**Records:**
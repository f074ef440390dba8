-- ===== src/Tunnel/Server/Routing.antt =====
-- Where `handleHTTP` sends a public request: which client, and on which path.
use mylittleproxy.Proto
use mylittleproxy.Base.{
  err, ap, ◌∙◌, Result, ℕ, bytes, true, ◌∷◌, ok, Bytes, ◌≡◌, refl, false, none, some, [], lookup,
  is_empty,
}
use mylittleproxy.Std.Text.{to_lower}
use mylittleproxy.Tunnel.Regexp.{Regexp}
use mylittleproxy.Tunnel.Errors.{Error, no_virtual_host, no_rewrite_rule, no_client_session}
use mylittleproxy.Tunnel.VirtualHosts.{VirtualHost, VirtualHosts, get_identifier}
use mylittleproxy.Tunnel.VirtualHosts.Find.{IsWellFormed, get_virtual_host_of_lookup}
use mylittleproxy.Tunnel.Server.{Server}
use mylittleproxy.Tunnel.Server.Connect.{Request, message, text}
use mylittleproxy.Tunnel.Server.Exchange.{
  Writer, fresh, write_error, PublicIo, handle_ws_conn, upgrade_on,
}
use mylittleproxy.Tunnel.Server.Dial.{dial}
use mylittleproxy.Tunnel.Server.Public.{
  host_of, parse_host_port, find_identifier, rewrite_path, rewrite_request, tunnel_request,
  handle_http, public_handler, is_websocket_conn,
}

module _ {R : Type 0} where
  -- The entry that serves an address: at the address with its port, or else at the host alone.
  pub data Serves (address : Bytes) (v : VirtualHosts R) : Bytes → VirtualHost R → Type 0 where
    at_address : (x : VirtualHost R) → lookup address v ≡ some x → Serves address v address x
    at_host :
        (x : VirtualHost R)
        → lookup address v ≡ none
        → lookup (host_of (parse_host_port address)) v ≡ some x
        → Serves address v (host_of (parse_host_port address)) x

  find_identifier-Serves :
      (address host : Bytes) (x : VirtualHost R) (v : VirtualHosts R)
      → Serves address v host x
      → (find_identifier address v ≡ some x.identifier) × (lookup host v ≡ some x)
  unfolding find_identifier get_identifier
  find_identifier-Serves address host x v (at_address _ l) =
      (rw (l, find_identifier, get_identifier), l)
  find_identifier-Serves address host x v (at_host _ n l) =
      (rw (n, l, find_identifier, get_identifier), l)

module _ (re : Regexp) where
  open re use {Regex}

  -- A public request with a host, whose address an entry of a well-formed table serves, goes to the
  -- client of that entry, without a host and on the path that the entry's first matching rule
  -- makes.
  pub handle_http-Serves :
      (p : PublicIo) (r : Request) (w : Writer) (s : Server Regex) (host path : Bytes)
      (x : VirtualHost Regex)
      → IsWellFormed s.virtual_hosts
      → is_empty (to_lower r.host) ≡ false
      → Serves (to_lower r.host) s.virtual_hosts host x
      → rewrite_path re x.rewrite r.path ≡ some path
      → handle_http re p r w s
        ≡ tunnel_request p (record r { host = []; path = path }) x.identifier w s
  unfolding handle_http rewrite_request
  handle_http-Serves p r w s host path x v has serves rewritten =
      let (found, l) = find_identifier-Serves (to_lower r.host) host x s.virtual_hosts serves in
      let entry = get_virtual_host_of_lookup x.identifier host x s.virtual_hosts v l refl in
      rw (has, found, handle_http) (rw (entry, rewritten))

  -- A public request with a host that no entry serves, neither at the address nor at the host
  -- alone, is answered 502 and leaves the server as it was, without a director.
  pub public_handler_unserved :
      (p : PublicIo) (r : Request) (s : Server Regex)
      → is_empty (to_lower r.host) ≡ false
      → lookup (to_lower r.host) s.virtual_hosts ≡ none
      → lookup (host_of (parse_host_port (to_lower r.host))) s.virtual_hosts ≡ none
      → public_handler re none p r s
        ≡ (write_error 502 (message (no_virtual_host (to_lower r.host))) fresh, s)
  unfolding public_handler handle_http find_identifier get_identifier
  public_handler_unserved p r s has a b = rw (has, a, b, handle_http)

  -- A public request whose address an entry serves, and whose path no rule of the entry matches, is
  -- answered 403, and a second text follows the first in the same body; the server is as it was,
  -- without a director.
  pub public_handler_unmatched :
      (p : PublicIo) (r : Request) (s : Server Regex) (host : Bytes) (x : VirtualHost Regex)
      → IsWellFormed s.virtual_hosts
      → is_empty (to_lower r.host) ≡ false
      → Serves (to_lower r.host) s.virtual_hosts host x
      → rewrite_path re x.rewrite r.path ≡ none
      → public_handler re none p r s ≡ (
        record fresh {
          status = some 403;
          body = text (bytes "403 Forbidden") ∷ message no_rewrite_rule ∷ [];
        },
        s,
      )
  unfolding public_handler handle_http rewrite_request
  public_handler_unmatched p r s host x v has serves unmatched =
      let (found, l) = find_identifier-Serves (to_lower r.host) host x s.virtual_hosts serves in
      let entry = get_virtual_host_of_lookup x.identifier host x s.virtual_hosts v l refl in
      rw (has, found, handle_http) (rw (entry, unmatched) refl)

  dial_free :
      (p : PublicIo) (port : ℕ) (identifier : Bytes) (s : Server Regex)
      → lookup identifier s.controls ≡ none
      → dial p.dial identifier Proto.ws port s ≡ (err no_client_session, s)
  unfolding dial
  dial_free p port identifier s l = rw (l, dial)

  upgrade_on_free :
      (p : PublicIo) (r : Request) (conn port : ℕ) (identifier : Bytes) (s : Server Regex)
      → lookup identifier s.controls ≡ none
      → upgrade_on p r conn identifier port s ≡ (some no_client_session, s)
  unfolding upgrade_on
  upgrade_on_free p r conn port identifier s l =
      let d = dial_free p port identifier s l in
      rw (d, upgrade_on)
        (ap (λ (x : Result Error ℕ × Server Regex). (some no_client_session, x.1)) d)

  handle_ws_conn_free :
      (p : PublicIo) (r : Request) (identifier : Bytes) (port conn : ℕ) (w : Writer)
      (s : Server Regex)
      → p.is_hijacker ≡ true
      → p.hijack ≡ ok conn
      → lookup identifier s.controls ≡ none
      → handle_ws_conn p r identifier port w s
        ≡ (some no_client_session, record w { hijacked = true }, s)
  unfolding handle_ws_conn
  handle_ws_conn_free p r identifier port conn w s a b l =
      rw (a, b, handle_ws_conn) (rw (upgrade_on_free p r conn port identifier s l) refl)

  -- A websocket request that an entry of a well-formed table serves, on a path that one of its rules
  -- makes, for a client that has no control connection: the public connection is taken over, and then
  -- nothing is written to it, not the 502 that follows either, and it is not closed; the server stays
  -- as it was. There is no director.
  pub public_handler_unanswered :
      (p : PublicIo) (r : Request) (s : Server Regex) (host path : Bytes) (x : VirtualHost Regex)
      (conn : ℕ)
      → IsWellFormed s.virtual_hosts
      → is_empty (to_lower r.host) ≡ false
      → Serves (to_lower r.host) s.virtual_hosts host x
      → rewrite_path re x.rewrite r.path ≡ some path
      → is_websocket_conn r ≡ true
      → p.is_hijacker ≡ true
      → p.hijack ≡ ok conn
      → lookup x.identifier s.controls ≡ none
      → let (w, t) = public_handler re none p r s in
        (w.hijacked ≡ true) × (w.status ≡ none) × (w.header ≡ []) × (w.body ≡ []) × (t ≡ s)
  unfolding public_handler tunnel_request is_websocket_conn
  public_handler_unanswered p r s host path x conn v has serves rewritten ws a b free =
      let r' = record r { host = []; path = path } in
      let upgrades : is_websocket_conn r' ≡ true = ws in
      let failed : tunnel_request p r' x.identifier fresh s
          ≡ (some no_client_session, record fresh { hijacked = true }, s) =
        rw (upgrades, tunnel_request)
          (handle_ws_conn_free p r' x.identifier 0 conn fresh s a b free) in
      rw (handle_http-Serves p r fresh s host path x v has serves rewritten ∙ failed)
        (refl, refl, refl, refl, refl)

**The task:** Using the data above, transcribe the lines that run from the line with "(rw (l, find_identifier, get_identifier), l)" to the line with "(p : PublicIo) (r : Request) (w", both ends kept, and output nothing else.

**Exercise output:**
      (rw (l, find_identifier, get_identifier), l)
  find_identifier-Serves address host x v (at_host _ n l) =
      (rw (n, l, find_identifier, get_identifier), l)

module _ (re : Regexp) where
  open re use {Regex}

  -- A public request with a host, whose address an entry of a well-formed table serves, goes to the
  -- client of that entry, without a host and on the path that the entry's first matching rule
  -- makes.
  pub handle_http-Serves :
      (p : PublicIo) (r : Request) (w : Writer) (s : Server Regex) (host path : Bytes)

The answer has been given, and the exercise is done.